Well they called for snow tonight and my CCR2000E was partially disassembled because I was going to install new auger paddles. Got the thing apart and when I compared my old paddles, the new ones were different. The new ones were OEM Toro #99-9313, which according to many parts lists are the correct ones for my machine - not. 

Anyway after I froze my fingers off I put it back together with the old paddles which weren't so bad after all. Just pi$$ed that I got the wrong ones. Now I need to find the correct ones and hopefully sell these for the money that I paid for them.

Oh well, live and learn.


----------



## Kiss4aFrog (Nov 3, 2013)

Do you know what the correct part number is ??

The 99-9313 has six mounting screws, did yours have 8, like the 55-9251 ??


----------



## bosco659 (Feb 1, 2013)

Kiss4aFrog said:


> Do you know what the correct part number is ??
> 
> The 99-9313 has six mounting screws, did yours have 8, like the 55-9251 ??


I just checked and you are correct. The ones I need must be the 55-9251.
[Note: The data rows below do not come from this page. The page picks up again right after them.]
-- ===== src/Wire/Worker.antt =====
-- `TcpWorker::run` of tcp_worker.cpp, and `JanoshThread`: what a worker answers to the texts that a
-- client sends.
use janosh.Common.{
  Bool, true, false, List, [], ◌∷◌, ◌++◌, Option, none, some, Bytes, codes, bytes_eq, if◌then◌else◌,
}
use janosh.Result.{Result, ok, err}
use janosh.Wire.Request.{Request, command_line}

-- What a worker calls: transactions of the database, the flag of its tracker, the archive of Boost that
-- a request is read from, and the `DatabaseThread` of a request, with its result and its output.
pub record Service (S : Type 0) : Type 0 where
  pub begin_transaction : S → S
  pub end_transaction : Bool → S → S
  pub set_do_publish : Bool → S → S
  pub read_request : Bytes → Result Request
  pub run_request : Request → S → Bool × Bytes × S

abbrev pub marker : Bytes
marker = codes "__JANOSH_EOF"

-- The end of a reply, and the worker's mark of success in it.
unfoldable pub ending : Bool → Bytes
ending result = marker ++ 10 ∷ (if result then codes "0" else codes "1") ++ 10 ∷ []

-- The command "trigger" is a "set" that publishes.
unfoldable pub as_set : Request → Request
as_set r =
    if bytes_eq r.command (codes "trigger")
    then record r { command = codes "set"; triggers = true }
    else r

module _ {S : Type 0} (service : Service S) where
  -- A request that was read; the text of its command is made for the log, which may throw.
  unfoldable pub answer_request : Request → S → Bytes × S
  unfolding ending as_set
  answer_request r s = elim (command_line r) [
    | err e ↦ (ending false, s)
    | ok line ↦ elim r.command [
      | [] ↦ (ending true, s)
      | c ∷ rest ↦
          (let q = as_set r in
            let done = service.run_request q (service.set_do_publish q.triggers s) in
            (done.1 ++ ending done.0, done.2))
    ]
  ]

  -- One round of the loop; without an answer it ends.
  unfoldable pub turn : Bytes → S → Option Bytes × S
  unfolding answer_request
  turn [] s = (none, s)
  turn (c ∷ text) s =
      if bytes_eq (c ∷ text) (codes "begin")
      then (some (codes "bok"), service.begin_transaction s)
      else if bytes_eq (c ∷ text) (codes "commit")
      then (some (codes "cok"), service.end_transaction true s)
      else if bytes_eq (c ∷ text) (codes "abort")
      then (some (codes "aok"), service.end_transaction false s)
      else (elim (service.read_request (c ∷ text)) [
        | err e ↦ (some (ending false), s)
        | ok r ↦ (let a = answer_request r s in (some a.0, a.1))
      ])

  -- The loop, over the texts that arrive before the client is gone.
  unfoldable pub run : List Bytes → S → List Bytes × S
  unfolding turn
  run [] s = ([], s)
  run (text ∷ texts) s =
      let answered = turn text s in
      let rest = run texts answered.1 in
      elim answered.0 [ none ↦ ([], answered.1) | some reply ↦ (reply ∷ rest.0, rest.1) ]
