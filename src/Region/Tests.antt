-- ===== src/Region/Tests.antt =====
-- Boxes and cells at concrete values.
use ewb_server.Base.{pos, All, arith}
use ewb_server.Region.Cells.{IsAllowed, emit_cell_records, emit_cell_records-IsAllowed}
use ewb_server.Region.Box.{IsCover, region_box, region_box-IsCover}

region_box-IsCover_example :
    IsCover
      (pos 100)
      (pos 224)
      (region_box (pos 100) (pos 70000) (pos 224)).x0
      (region_box (pos 100) (pos 70000) (pos 224)).x1
    × IsCover
        (pos 70000)
        (pos 224)
        (region_box (pos 100) (pos 70000) (pos 224)).z0
        (region_box (pos 100) (pos 70000) (pos 224)).z1
region_box-IsCover_example = region_box-IsCover (pos 100) (pos 70000) (pos 224)

emit_cell_records-IsAllowed_example :
    All (IsAllowed (pos 1) (pos 2) (pos 3)) (emit_cell_records (pos 1) (pos 2) (pos 3) 255 200)
emit_cell_records-IsAllowed_example =
    emit_cell_records-IsAllowed (pos 1) (pos 2) (pos 3) 255 200 (omega arith)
Ran the machine tonight with the old paddles on and it worked ok. I guess I will keep an eye open for a set over the winter. Do you know what the part number is for the scraper and belt for the CCR2000?

Thanks


----------



## Kiss4aFrog (Nov 3, 2013)

Happy to see what I can find. Can you post the complete ID numbers off the machine ??


----------



## bosco659 (Feb 1, 2013)

I'll have a look and post tomorrow. Thanks


----------